* [What is needed] Within the entries that follow, show each line where the word "gives" occurs.

* [Material to process]
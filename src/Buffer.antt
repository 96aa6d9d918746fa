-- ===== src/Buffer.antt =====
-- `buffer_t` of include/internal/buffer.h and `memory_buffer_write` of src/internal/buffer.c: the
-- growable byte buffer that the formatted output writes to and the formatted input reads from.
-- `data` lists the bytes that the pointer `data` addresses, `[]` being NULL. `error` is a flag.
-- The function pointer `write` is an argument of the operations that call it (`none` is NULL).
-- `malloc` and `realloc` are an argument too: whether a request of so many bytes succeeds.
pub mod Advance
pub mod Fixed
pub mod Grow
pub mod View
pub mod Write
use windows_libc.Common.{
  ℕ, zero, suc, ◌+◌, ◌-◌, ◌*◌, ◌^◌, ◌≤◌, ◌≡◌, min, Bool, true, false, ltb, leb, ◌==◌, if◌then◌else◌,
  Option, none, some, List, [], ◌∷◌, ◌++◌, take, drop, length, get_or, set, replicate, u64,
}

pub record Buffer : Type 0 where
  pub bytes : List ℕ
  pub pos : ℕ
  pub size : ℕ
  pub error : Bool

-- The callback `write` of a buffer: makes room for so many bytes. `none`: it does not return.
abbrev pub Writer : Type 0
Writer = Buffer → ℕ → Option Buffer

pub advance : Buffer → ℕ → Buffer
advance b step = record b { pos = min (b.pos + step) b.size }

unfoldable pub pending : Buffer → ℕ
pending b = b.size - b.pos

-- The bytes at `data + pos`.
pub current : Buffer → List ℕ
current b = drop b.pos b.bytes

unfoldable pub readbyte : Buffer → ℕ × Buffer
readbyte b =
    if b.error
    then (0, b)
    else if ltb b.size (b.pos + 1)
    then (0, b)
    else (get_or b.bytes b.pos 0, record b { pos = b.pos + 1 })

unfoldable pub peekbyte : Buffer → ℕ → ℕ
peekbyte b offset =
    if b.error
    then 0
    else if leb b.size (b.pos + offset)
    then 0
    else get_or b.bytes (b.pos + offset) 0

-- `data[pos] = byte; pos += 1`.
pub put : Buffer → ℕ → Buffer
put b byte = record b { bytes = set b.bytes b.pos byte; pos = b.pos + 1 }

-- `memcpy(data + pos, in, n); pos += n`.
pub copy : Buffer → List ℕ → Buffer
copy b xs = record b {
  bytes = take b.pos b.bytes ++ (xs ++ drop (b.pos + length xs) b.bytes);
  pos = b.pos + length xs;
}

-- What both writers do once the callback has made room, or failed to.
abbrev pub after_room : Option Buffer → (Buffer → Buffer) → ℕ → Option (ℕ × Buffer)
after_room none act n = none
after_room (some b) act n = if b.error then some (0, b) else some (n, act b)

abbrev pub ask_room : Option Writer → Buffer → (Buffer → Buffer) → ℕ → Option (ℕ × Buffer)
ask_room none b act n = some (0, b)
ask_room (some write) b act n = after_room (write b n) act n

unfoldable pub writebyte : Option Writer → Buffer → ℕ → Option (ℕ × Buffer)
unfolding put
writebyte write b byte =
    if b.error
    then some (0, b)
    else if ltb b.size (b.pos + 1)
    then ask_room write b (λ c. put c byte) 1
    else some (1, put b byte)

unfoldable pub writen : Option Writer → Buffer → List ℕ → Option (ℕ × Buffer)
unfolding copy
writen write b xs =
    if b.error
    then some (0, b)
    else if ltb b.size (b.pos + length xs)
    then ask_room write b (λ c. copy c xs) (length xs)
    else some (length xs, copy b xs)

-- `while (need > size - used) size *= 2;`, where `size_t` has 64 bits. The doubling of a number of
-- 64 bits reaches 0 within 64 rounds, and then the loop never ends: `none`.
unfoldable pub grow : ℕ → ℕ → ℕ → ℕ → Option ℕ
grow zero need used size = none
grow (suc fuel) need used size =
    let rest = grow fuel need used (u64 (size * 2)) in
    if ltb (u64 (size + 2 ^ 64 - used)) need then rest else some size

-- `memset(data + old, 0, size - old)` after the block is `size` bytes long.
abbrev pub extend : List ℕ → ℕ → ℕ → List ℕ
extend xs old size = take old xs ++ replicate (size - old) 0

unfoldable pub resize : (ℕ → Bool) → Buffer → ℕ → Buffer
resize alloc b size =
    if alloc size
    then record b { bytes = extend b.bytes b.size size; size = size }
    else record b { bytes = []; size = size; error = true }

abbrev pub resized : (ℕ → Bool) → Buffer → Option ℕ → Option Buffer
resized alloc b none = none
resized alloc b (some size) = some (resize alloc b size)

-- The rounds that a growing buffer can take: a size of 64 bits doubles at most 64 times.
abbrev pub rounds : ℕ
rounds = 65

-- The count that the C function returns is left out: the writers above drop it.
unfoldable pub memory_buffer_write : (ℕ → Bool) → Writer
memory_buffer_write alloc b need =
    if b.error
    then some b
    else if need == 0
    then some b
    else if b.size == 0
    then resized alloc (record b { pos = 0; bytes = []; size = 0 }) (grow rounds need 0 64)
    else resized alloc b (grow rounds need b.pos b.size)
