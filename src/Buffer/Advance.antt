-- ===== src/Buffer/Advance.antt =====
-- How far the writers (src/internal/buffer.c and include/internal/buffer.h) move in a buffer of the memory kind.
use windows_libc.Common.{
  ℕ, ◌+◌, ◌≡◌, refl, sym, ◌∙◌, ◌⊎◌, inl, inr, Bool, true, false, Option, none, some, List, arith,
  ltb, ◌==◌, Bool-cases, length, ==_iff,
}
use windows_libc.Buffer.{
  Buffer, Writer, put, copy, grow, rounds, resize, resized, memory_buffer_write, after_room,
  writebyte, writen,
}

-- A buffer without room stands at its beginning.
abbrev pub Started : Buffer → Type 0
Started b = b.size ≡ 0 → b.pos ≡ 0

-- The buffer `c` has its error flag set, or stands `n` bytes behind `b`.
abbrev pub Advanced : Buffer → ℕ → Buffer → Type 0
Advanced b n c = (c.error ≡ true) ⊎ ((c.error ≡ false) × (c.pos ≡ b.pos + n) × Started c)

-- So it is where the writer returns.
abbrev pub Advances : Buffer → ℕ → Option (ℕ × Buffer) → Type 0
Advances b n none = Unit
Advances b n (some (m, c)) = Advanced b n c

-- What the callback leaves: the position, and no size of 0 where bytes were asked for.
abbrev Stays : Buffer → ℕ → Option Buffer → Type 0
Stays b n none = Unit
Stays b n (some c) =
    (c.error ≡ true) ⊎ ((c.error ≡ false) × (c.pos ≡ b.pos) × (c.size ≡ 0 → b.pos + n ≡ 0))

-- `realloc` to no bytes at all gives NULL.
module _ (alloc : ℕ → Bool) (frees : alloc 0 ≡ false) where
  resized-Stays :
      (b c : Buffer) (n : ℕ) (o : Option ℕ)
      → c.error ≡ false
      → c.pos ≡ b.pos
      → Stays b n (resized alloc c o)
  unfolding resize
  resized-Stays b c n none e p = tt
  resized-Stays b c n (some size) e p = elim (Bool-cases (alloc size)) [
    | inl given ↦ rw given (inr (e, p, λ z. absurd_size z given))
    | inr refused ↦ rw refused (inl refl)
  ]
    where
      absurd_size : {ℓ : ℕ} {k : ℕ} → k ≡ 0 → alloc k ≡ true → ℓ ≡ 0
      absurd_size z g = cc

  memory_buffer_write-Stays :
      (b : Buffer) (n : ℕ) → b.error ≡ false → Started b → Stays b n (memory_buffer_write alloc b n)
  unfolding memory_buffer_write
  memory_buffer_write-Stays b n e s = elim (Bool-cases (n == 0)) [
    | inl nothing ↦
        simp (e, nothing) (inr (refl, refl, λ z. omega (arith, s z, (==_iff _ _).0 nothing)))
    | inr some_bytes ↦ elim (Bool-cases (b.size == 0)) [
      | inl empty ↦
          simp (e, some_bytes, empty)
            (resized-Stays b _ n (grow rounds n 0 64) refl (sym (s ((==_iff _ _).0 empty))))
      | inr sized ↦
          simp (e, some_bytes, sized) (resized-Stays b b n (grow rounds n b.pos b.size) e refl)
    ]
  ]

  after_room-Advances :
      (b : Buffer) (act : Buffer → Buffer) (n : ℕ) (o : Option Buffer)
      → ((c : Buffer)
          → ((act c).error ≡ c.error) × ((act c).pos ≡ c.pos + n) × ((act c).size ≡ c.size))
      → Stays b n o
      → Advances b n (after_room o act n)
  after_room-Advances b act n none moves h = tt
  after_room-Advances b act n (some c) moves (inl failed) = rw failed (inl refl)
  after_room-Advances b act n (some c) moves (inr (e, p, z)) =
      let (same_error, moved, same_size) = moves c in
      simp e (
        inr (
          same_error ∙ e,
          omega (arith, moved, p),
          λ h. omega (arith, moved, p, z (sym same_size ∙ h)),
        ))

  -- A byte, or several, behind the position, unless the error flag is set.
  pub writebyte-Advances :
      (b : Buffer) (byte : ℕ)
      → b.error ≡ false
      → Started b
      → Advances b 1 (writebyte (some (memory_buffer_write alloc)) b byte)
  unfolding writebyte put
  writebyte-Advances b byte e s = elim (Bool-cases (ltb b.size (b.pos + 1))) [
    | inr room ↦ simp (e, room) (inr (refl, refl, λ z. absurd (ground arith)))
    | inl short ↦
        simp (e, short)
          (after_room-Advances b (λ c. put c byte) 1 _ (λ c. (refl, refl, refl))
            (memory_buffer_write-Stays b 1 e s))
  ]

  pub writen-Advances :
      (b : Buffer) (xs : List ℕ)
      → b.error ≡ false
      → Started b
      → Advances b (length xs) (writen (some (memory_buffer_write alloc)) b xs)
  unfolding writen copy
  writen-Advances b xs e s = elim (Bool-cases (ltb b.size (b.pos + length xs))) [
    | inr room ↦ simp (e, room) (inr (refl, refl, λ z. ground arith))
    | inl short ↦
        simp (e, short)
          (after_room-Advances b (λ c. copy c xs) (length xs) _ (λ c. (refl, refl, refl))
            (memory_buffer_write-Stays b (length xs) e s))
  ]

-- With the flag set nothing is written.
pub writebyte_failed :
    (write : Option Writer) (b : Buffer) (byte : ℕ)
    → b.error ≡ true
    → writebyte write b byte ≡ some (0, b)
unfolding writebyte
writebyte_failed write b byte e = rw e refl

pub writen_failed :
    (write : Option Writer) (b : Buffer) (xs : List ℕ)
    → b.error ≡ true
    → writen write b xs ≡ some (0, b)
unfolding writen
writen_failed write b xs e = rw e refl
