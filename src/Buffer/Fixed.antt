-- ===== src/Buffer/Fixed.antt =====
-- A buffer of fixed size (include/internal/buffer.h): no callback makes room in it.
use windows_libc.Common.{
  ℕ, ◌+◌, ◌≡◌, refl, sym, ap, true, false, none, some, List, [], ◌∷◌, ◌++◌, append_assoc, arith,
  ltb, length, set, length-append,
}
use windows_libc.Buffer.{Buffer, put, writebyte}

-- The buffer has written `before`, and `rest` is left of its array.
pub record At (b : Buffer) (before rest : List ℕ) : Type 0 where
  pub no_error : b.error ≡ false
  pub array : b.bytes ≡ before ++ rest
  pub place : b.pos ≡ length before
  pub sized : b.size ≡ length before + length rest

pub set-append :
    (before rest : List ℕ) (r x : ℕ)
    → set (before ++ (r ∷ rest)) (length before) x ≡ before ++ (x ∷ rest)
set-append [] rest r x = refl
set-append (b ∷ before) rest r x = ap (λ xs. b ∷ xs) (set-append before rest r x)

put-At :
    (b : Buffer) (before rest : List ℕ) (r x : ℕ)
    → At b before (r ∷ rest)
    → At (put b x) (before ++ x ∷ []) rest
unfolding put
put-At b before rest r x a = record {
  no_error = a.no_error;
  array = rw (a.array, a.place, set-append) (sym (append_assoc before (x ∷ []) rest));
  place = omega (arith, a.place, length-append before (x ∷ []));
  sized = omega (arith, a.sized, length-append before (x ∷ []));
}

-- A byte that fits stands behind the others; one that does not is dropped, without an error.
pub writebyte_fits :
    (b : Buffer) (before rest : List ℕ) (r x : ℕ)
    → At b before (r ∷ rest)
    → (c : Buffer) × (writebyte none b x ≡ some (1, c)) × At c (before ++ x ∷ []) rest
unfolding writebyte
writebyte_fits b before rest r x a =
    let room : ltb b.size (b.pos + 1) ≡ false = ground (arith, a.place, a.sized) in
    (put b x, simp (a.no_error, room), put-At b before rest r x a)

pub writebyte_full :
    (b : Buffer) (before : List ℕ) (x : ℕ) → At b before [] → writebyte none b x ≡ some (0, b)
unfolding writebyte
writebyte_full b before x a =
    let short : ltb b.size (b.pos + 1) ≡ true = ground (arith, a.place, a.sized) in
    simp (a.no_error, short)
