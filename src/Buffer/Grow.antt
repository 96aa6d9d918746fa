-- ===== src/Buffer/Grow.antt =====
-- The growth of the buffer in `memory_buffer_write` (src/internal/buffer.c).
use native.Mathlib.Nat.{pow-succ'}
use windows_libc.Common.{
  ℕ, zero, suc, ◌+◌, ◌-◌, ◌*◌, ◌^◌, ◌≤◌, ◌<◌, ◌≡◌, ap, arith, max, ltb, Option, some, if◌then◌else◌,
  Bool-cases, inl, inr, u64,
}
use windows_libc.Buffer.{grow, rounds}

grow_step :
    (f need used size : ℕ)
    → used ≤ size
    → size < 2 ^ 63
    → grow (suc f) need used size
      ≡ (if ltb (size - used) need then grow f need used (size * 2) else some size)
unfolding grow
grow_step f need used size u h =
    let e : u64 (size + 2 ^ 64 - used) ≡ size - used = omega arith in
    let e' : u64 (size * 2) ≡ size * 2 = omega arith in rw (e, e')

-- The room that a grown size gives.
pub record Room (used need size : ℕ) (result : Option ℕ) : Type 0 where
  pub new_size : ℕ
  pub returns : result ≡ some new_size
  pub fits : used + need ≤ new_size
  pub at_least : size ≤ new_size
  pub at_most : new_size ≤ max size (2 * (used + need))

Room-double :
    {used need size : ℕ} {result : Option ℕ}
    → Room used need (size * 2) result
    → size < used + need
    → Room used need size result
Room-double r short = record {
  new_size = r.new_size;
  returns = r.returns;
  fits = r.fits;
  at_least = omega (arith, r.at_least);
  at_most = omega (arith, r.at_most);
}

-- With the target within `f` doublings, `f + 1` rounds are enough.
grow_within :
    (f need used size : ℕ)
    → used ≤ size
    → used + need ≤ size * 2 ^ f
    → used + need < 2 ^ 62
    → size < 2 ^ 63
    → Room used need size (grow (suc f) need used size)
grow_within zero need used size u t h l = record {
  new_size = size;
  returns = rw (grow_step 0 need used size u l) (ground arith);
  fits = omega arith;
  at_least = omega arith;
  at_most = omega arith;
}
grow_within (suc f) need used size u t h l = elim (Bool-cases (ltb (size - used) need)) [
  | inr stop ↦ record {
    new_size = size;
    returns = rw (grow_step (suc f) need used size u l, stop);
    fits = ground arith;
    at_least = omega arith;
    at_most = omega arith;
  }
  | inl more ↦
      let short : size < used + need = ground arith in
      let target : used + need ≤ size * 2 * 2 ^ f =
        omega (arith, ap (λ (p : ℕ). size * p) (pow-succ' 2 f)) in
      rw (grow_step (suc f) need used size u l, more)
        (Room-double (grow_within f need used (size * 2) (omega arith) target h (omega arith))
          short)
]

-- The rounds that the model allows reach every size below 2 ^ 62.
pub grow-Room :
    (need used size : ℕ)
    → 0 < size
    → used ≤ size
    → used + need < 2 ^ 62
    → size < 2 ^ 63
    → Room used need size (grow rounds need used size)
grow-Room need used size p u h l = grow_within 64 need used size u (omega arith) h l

* [Reply to the exercise]
-- `realloc` to no bytes at all gives NULL.
-- The room that a grown size gives.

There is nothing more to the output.